Le clava las espuelas en los ijares hasta sangrar… Y da otro talerazo más tratando de hacer más veloz la marcha. Con los  pies firmes en los estribos estira el cuerpo hacia adelante, como empujando a su caballo. Gritan las garzas en el bañado cercano anunciando la buena nueva de la lluvia eminente. Resuenan las patas del potro en la ladera, de la última ladera antes de las casas. Las manos le tiemblan agarrando las riendas sobadas por el uso. El sombrero aludo apenas se sostiene con el barbijo hundido en la maraña de su barba negra. Sus ojos están dilatados por la pavura y el anhelo.  Tiene la mirada puesta en el punto distante  aún del rancherío grande del Cerro de las  Cabras. Por un instante a veces su mirada se dirige a un cielo amenazante de negros nubarrones que se arremolinan llevados por el viento del sur. En otras, mira a su caballo, lo mira con pena y cierta añoranza,  ese que lo tomó de potrillo y lo invitó a recorrer el mundo. Resplandece un rayo que parece hundirse allá en el monte de espinillos y unos segundos más tarde, un estruendo brutal provoca una estampida del grupo de vacunos que de cola a la ventisca se preparaba para soportar el temporal. Luego silencio. Silencio solo marcado por el andar sudoroso del Gaucho Tierra.

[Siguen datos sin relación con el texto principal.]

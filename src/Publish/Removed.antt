-- ===== src/Publish/Removed.antt =====
-- The index that takes the place of the one from which a version was removed.
use relkit.Prelude.{
  Bool, true, false, not, ◌&&◌, Option, none, some, List, [], ◌∷◌, map, ℤ, pos, Str, ◌≡◌, ◌≢◌, ◌↔◌,
  inl, inr, refl, sym, ◌∙◌, ap, subst, In, Bool-cases, if◌then◌else◌, any, is_empty, ltb_ℤ,
}
use relkit.Prelude.Results.{Result, ok, err}
use relkit.Rup.{Index, VersionNode}
use relkit.Wire.{Envelope}
use relkit.Envelope.{seal}
use relkit.Chain.{find_head}
use relkit.Chain.Reachability.{validate_reachability}
use relkit.Chain.Reachability.Sound.{Serves, validate-Serves}
use relkit.Publish.{
  no_commit, unreachable, rejected, Backend, PublishError, next_sequence, sorted_nodes, index_with,
  new_index, min_supported_ptr, trusted_keys, read_existing_indexes, bad_identifier, bad_sequence,
  no_versions, check_identifier,
}
use relkit.Publish.Unpublish.{
  clients_can_verify, put_pointer, Config, kept_versions, validate_index, validate_new, rebuild,
  Unpublished, commit, seal_and_commit, write_index, remove_from, unpublish_on_backends,
}
use relkit.Publish.Others.{
  Follows, err_is_ok, ok_inj, kept_versions-IsOther, sorted_nodes-In, next_sequence-Follows,
}

-- What a removal that is committed has done.
pub record IsRemoved (c : Config) (version : Str) (now : Str) (backends : List Backend)
    (rebuilt : Index) : Type 0 where
  pub existing : Index
  pub base : ℤ
  pub was_read :
      read_existing_indexes c.wire
        (trusted_keys c.wire c.trusted c.signers)
        c.product
        c.channel
        now
        backends
      ≡ ok (existing, base)
  pub goes_on : Follows base rebuilt.sequence
  pub keeps_others :
      (v : VersionNode)
      → In (some v) rebuilt.versions ↔ (In (some v) existing.versions × (v.version ≢ version))
  pub head : VersionNode
  pub has_head : find_head rebuilt ≡ some head
  pub serves : Serves rebuilt head

-- The rebuilt index: its versions, its sequence, and that the check found nothing.
record IsRebuilt (base : ℤ) (kept : List (Option VersionNode)) (index : Index) : Type 0 where
  numbered : index.sequence ≡ next_sequence base
  versions_are : index.versions ≡ sorted_nodes kept
  checked : (validate_reachability index).0 ≡ []

index_with-parts :
    (product channel : Str) (sequence : ℤ) (versions : List (Option VersionNode)) (m : Option ℤ)
    (now : Str)
    → ((index_with product channel sequence versions m now).sequence ≡ sequence)
      × ((index_with product channel sequence versions m now).versions ≡ sorted_nodes versions)
unfolding index_with
index_with-parts product channel sequence versions none now = (refl, refl)
index_with-parts product channel sequence versions (some m) now = (refl, refl)

new_index-index_with :
    (product channel : Str) (sequence : ℤ) (versions : List (Option VersionNode)) (m : Option ℤ)
    (now : Str) (index : Index)
    → new_index product channel sequence versions m now ≡ ok index
    → index_with product channel sequence versions m now ≡ index
unfolding new_index
new_index-index_with product channel sequence versions m now index e =
    go (not (check_identifier product && check_identifier channel)) (ltb_ℤ sequence (pos 1))
      (is_empty versions) e
  where
    go :
        (a b d : Bool)
        → ◌≡◌ {A = Result PublishError Index}
            (if a
              then err bad_identifier
              else if b
              then err bad_sequence
              else if d
              then err no_versions
              else ok (index_with product channel sequence versions m now))
            (ok index)
        → index_with product channel sequence versions m now ≡ index
    go true b d p = absurd (err_is_ok p)
    go false true d p = absurd (err_is_ok p)
    go false false true p = absurd (err_is_ok p)
    go false false false p = ok_inj p

validate_new-parts :
    (r : Result PublishError Index) (index : Index)
    → validate_new r ≡ ok index
    → (r ≡ ok index) × ((validate_reachability index).0 ≡ [])
unfolding validate_new validate_index
validate_new-parts (err x) index e = absurd (err_is_ok e)
validate_new-parts (ok new) index e = go (validate_reachability new).0 refl e
  where
    go :
        (errors : List Str)
        → (validate_reachability new).0 ≡ errors
        → ◌≡◌ {A = Result PublishError Index}
            (if is_empty errors then ok new else err unreachable)
            (ok index)
        → (◌≡◌ {A = Result PublishError Index} (ok new) (ok index))
          × ((validate_reachability index).0 ≡ [])
    go [] q p = (p, subst (λ i. (validate_reachability i).0 ≡ []) (ok_inj p) q)
    go (_ ∷ _) q p = absurd (err_is_ok p)

rebuild-IsRebuilt :
    (c : Config) (now : Str) (existing : Index) (base : ℤ) (kept : List (Option VersionNode))
    (index : Index)
    → rebuild c now existing base (ok kept) ≡ ok index
    → IsRebuilt base kept index
unfolding rebuild
rebuild-IsRebuilt c now existing base kept index e =
    let (q, v) = validate_new-parts _ index e in
    let same =
      new_index-index_with c.product c.channel (next_sequence base) kept
        (min_supported_ptr existing) now index q in
    let (n, w) =
      index_with-parts c.product c.channel (next_sequence base) kept (min_supported_ptr existing)
        now in
    record {
      numbered = sym (ap (λ i. i.sequence) same) ∙ n;
      versions_are = sym (ap (λ i. i.versions) same) ∙ w;
      checked = v;
    }

-- A commit writes what was rebuilt.
commit-index :
    (c : Config) (index rebuilt : Index) (env : Envelope) (backends : List Backend)
    → (commit c index env backends).0 ≡ ok (some rebuilt)
    → index ≡ rebuilt
unfolding commit
commit-index c index rebuilt env backends e =
    go (not (clients_can_verify c env)) (any (λ b. b.accepts) backends) e
  where
    some_inj : {a b : Index} → ◌≡◌ {A = Option Index} (some a) (some b) → a ≡ b
    some_inj p = cc

    go :
        (a b : Bool)
        → (◌≡◌ {A = Result PublishError (Option Index)}
            (if◌then◌else◌ {A = Unpublished} a
              (err rejected, backends)
              (if b
                then (ok (some index), map (put_pointer (c.marshal_envelope env)) backends)
                else (err no_commit, backends))).0
            (ok (some rebuilt)))
        → index ≡ rebuilt
    go true b p = absurd (err_is_ok p)
    go false true p = some_inj (ok_inj p)
    go false false p = absurd (err_is_ok p)

sealed-index :
    (c : Config) (index rebuilt : Index) (o : Option Envelope) (backends : List Backend)
    → (seal_and_commit c index o backends).0 ≡ ok (some rebuilt)
    → index ≡ rebuilt
unfolding seal_and_commit
sealed-index c index rebuilt none backends e = absurd (err_is_ok e)
sealed-index c index rebuilt (some env) backends e = commit-index c index rebuilt env backends e

written-index :
    (c : Config) (r : Result PublishError Index) (rebuilt : Index) (backends : List Backend)
    → (write_index c r backends).0 ≡ ok (some rebuilt)
    → r ≡ ok rebuilt
unfolding write_index
written-index c (err x) rebuilt backends e = absurd (err_is_ok e)
written-index c (ok index) rebuilt backends e =
    ap ok (sealed-index c index rebuilt (seal c.wire index c.signers) backends e)

module _ (c : Config) (version now : Str) (backends : List Backend) (rebuilt : Index) where
  rebuilt-IsRemoved :
      (existing : Index) (base : ℤ) (k : Result PublishError (List (Option VersionNode)))
      → read_existing_indexes c.wire
          (trusted_keys c.wire c.trusted c.signers)
          c.product
          c.channel
          now
          backends
        ≡ ok (existing, base)
      → kept_versions version existing.versions ≡ k
      → rebuild c now existing base k ≡ ok rebuilt
      → IsRemoved c version now backends rebuilt
  unfolding rebuild
  rebuilt-IsRemoved existing base (err x) q w e = absurd (err_is_ok e)
  rebuilt-IsRemoved existing base (ok kept) q w e =
      let new = rebuild-IsRebuilt c now existing base kept rebuilt e in
      let other = kept_versions-IsOther version existing.versions kept w in
      let (h, f, s) = validate-Serves rebuilt new.checked in
      record {
        existing = existing;
        base = base;
        was_read = q;
        goes_on = subst (Follows base) (sym new.numbered) (next_sequence-Follows base);
        keeps_others = λ v. (
          (λ i.
              (other v).0
                ((sorted_nodes-In kept v).0 (subst (λ vs. In (some v) vs) new.versions_are i))),
          (λ p.
              subst (λ vs. In (some v) vs) (sym new.versions_are)
                ((sorted_nodes-In kept v).1 ((other v).1 p))),
        );
        head = h;
        has_head = f;
        serves = s;
      }

  remove_from-IsRemoved :
      (r : Result PublishError (Index × ℤ))
      → read_existing_indexes c.wire
          (trusted_keys c.wire c.trusted c.signers)
          c.product
          c.channel
          now
          backends
        ≡ r
      → (remove_from c version false now r backends).0 ≡ ok (some rebuilt)
      → IsRemoved c version now backends rebuilt
  unfolding remove_from
  remove_from-IsRemoved (err x) q e = absurd (err_is_ok e)
  remove_from-IsRemoved (ok existing) q e =
      rebuilt-IsRemoved existing.0 existing.1 (kept_versions version existing.0.versions) q refl
        (written-index c _ rebuilt backends e)

  -- If an `Unpublish` that is not a dry run commits an index, that index lists exactly the
  -- versions of the index that was read from the backends, without the one to remove; its
  -- sequence is above the one read, unless that is the greatest 64-bit integer, where the new one
  -- is 1000, or an integer beyond 64 bits; and it has a head h such that every code is listed
  -- once and every client below h whose code is at or above a listed code or the minimum can get
  -- to h by legal hops.
  pub unpublish-IsRemoved :
      (unpublish_on_backends c version false now backends).0 ≡ ok (some rebuilt)
      → IsRemoved c version now backends rebuilt
  unfolding unpublish_on_backends
  unpublish-IsRemoved e = elim (Bool-cases (any (λ b. not b.writable) backends)) [
    | inl w ↦ absurd (err_is_ok (rw (w, unpublish_on_backends) at e))
    | inr w ↦
        remove_from-IsRemoved
          (read_existing_indexes c.wire (trusted_keys c.wire c.trusted c.signers) c.product
            c.channel now backends)
          refl (rw (w, unpublish_on_backends) at e)
  ]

Estaría  a no más de cuatrocientos metros de la casa cuando se desencadenó la tan temida lluvia. Primero fueron una sucesión de gruesas y pesadas gotas que anunciaban la catástrofe. Luego fue el diluvio. Trató el gaucho de envolverse lo más que pudo en su poncho. Esfuerzo inútil. El agua, porfiada siempre encontraba alguna parte descubierta y se metía entre sus ropas para irlo mojando de a poco.  Sentía en su cuerpo tibio correr goterones espesos de su esencia corporal. El agua lo iba volviendo a su ser primigenio. Al barro ancestral  del que estaba hecho.

Abelino, el niño creador, artista, artífice de esa vida errante está de pie  bajo el alero del rancho viejo. La perrada anunció la presencia del extraño desde hace rato. Los ladridos de «Cacique» fueron luego acompañados de Lobito y Cachorra. No tardó Abelino en reconocer la figura del Gaucho Tierra, ese que sus manos lograron modelar hace ya tiempo bajo el abrigo del ombú donde acostumbraba a pastar a su tropa de marlos. ¿Cuánto tiempo ha pasado?… Recuerda que fue después de un temporal de julio, coincidente con las vacaciones de invierno y que su madre le rezongó mucho por el estado en que habían quedado sus ropas. Si. Le llevó como dos o tres días hacerlo y rehacerlo para que tuviese la forma y figura que anidaba en su mente … ¿Y conseguir aquellos retazos que guardaba su madre en el armario de las costuras?. 

Ahora volvía… ¡Sí, era él!… ¡No caben dudas!. ¿Cómo no reconocerlo por esos brazos fuertes, esa cabeza que le salió medio ovalada y esas piernas retaconas y muy gruesas?. ¡Qué ganas de abrazarlo!. ¡Abrazarlo como se abrazan los verdaderos amigos!. Cuando aquella mañana fue a encontrarse con su gaucho que lo había dejado bien guardadito en el  hueco grande del ombú del corral del fondo se sorprendió mucho de no hallarlo. ¿Quién se lo habría sacado?. Sin duda que alguno de los peones que siempre andaban  metidos en sus cosas… De pronto, recuerda ahora vivamente, desde atrás del ombú, sonriente, apareció magnífico, sonriente, lleno de vida, quien sería «El Gaucho Tierra»… 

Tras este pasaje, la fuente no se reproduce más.